- **Dataset records**:

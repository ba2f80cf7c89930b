-- ===== src/Cli/Levels/Laws.antt =====
-- What a plan promises: everything is built, nothing before what it asks for, and there is a plan
-- wherever the dependencies are no cycle.
use kiry.Base.{
  ℕ, zero, suc, ◌<◌, ◌≡◌, ◌≢◌, refl, subst, List, [], Bool, true, false, not, ◌==◌, nat_eq, list_eq,
  contains, length, arith, length-keep-le-length,
}
use kiry.Base.Text.{Str}
use kiry.Pkg.{Dep}
use kiry.Cli.Levels.{
  Level, Planned, ordered, cycle, out_of_fuel, Wanted, needs, name_of, range_from, levels,
  enough_fuel,
}
use kiry.Cli.Levels.Plans.{
  range_from-contains, length-range_from, built_in, InOrder, IsPlan, loop-IsPlan,
}

module _ (host : Str) (has_bootstrap : Str → Bool) (want : Wanted) (built : List Bool)
    (edges : List (List Dep)) where
  levels-IsPlan :
      IsPlan
        (needs host want built edges)
        (length want)
        (range_from 0 (length want))
        []
        (levels host has_bootstrap want built edges)
  unfolding levels
  levels-IsPlan =
      let shorter = length-keep-le-length (λ i. not (contains [] i)) (range_from 0 (length want)) in
      loop-IsPlan (needs host want built edges) (length want) (λ i. has_bootstrap (name_of want i))
        (name_of want) (enough_fuel (length want)) (range_from 0 (length want)) []
        (omega (arith, shorter, length-range_from 0 (length want)))

  -- The rounds come to an end: there is a plan, or a cycle that the process dies of.
  pub levels_total : levels host has_bootstrap want built edges ≢ out_of_fuel
  levels_total e =
      subst (IsPlan (needs host want built edges) (length want) (range_from 0 (length want)) []) e
        levels-IsPlan

  -- In a plan, whatever another package that is built asks for stands in an earlier level, where it is
  -- built or stands in; and every wanted package is built.
  pub levels-InOrder :
      {ls : List Level}
      → levels host has_bootstrap want built edges ≡ ordered ls
      → InOrder (needs host want built edges) (length want) [] ls
        × ((i : ℕ) → i < length want → contains (built_in ls) i ≡ true)
  levels-InOrder e =
      let (sound, whole) =
        subst (IsPlan (needs host want built edges) (length want) (range_from 0 (length want)) []) e
          levels-IsPlan in
      (
        sound [] (λ j below gone. ground (
          arith,
          range_from-contains 0 (length want) j (omega arith) (omega (arith, below)),
          gone,
        )),
        λ i below.
            whole i (range_from-contains 0 (length want) i (omega arith) (omega (arith, below))),
      )

  -- Nothing needs itself by way of others: what a package asks for ranks lower.
  abbrev pub Ranked : (ℕ → ℕ) → Type 0
  Ranked rank =
      (i j : ℕ) → needs host want built edges i j ≡ true → (j == i) ≡ false → rank j < rank i

  no_descent :
      (rank : ℕ → ℕ) (left : List ℕ)
      → Ranked rank
      → ((i : ℕ)
          → contains left i ≡ true
          → (j : ℕ) × (contains left j ≡ true)
            × ((j == i) ≡ false)
            × (needs host want built edges i j ≡ true))
      → (bound k : ℕ) → contains left k ≡ true
      → rank k < bound
      → ⊥
  no_descent rank left ranked held zero k m below = omega (arith, below)
  no_descent rank left ranked held (suc bound) k m below =
      let (j, there, apart, asks) = held k m in
      let lower = ranked k j asks apart in
      no_descent rank left ranked held bound j there (omega (arith, lower, below))

  planned :
      (rank : ℕ → ℕ) (r : Planned)
      → Ranked rank
      → IsPlan (needs host want built edges) (length want) (range_from 0 (length want)) [] r
      → (ls : List Level) × (r ≡ ordered ls)
  planned rank (ordered ls) ranked h = (ls, refl)
  planned rank (cycle names) ranked (left, sub, (k, m), held) =
      absurd (no_descent rank left ranked held (suc (rank k)) k m (omega arith))
  planned rank out_of_fuel ranked h = absurd h

  -- Where no package needs itself by way of others, there is a plan, with or without bootstrap files.
  pub levels-Ranked :
      (rank : ℕ → ℕ)
      → Ranked rank
      → (ls : List Level) × (levels host has_bootstrap want built edges ≡ ordered ls)
  levels-Ranked rank ranked =
      planned rank (levels host has_bootstrap want built edges) ranked levels-IsPlan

- **What to do**: In the entries above, find each line with the string "sound" and copy it.

- **Answer to the problem**:
      let (sound, whole) =
        sound [] (λ j below gone. ground (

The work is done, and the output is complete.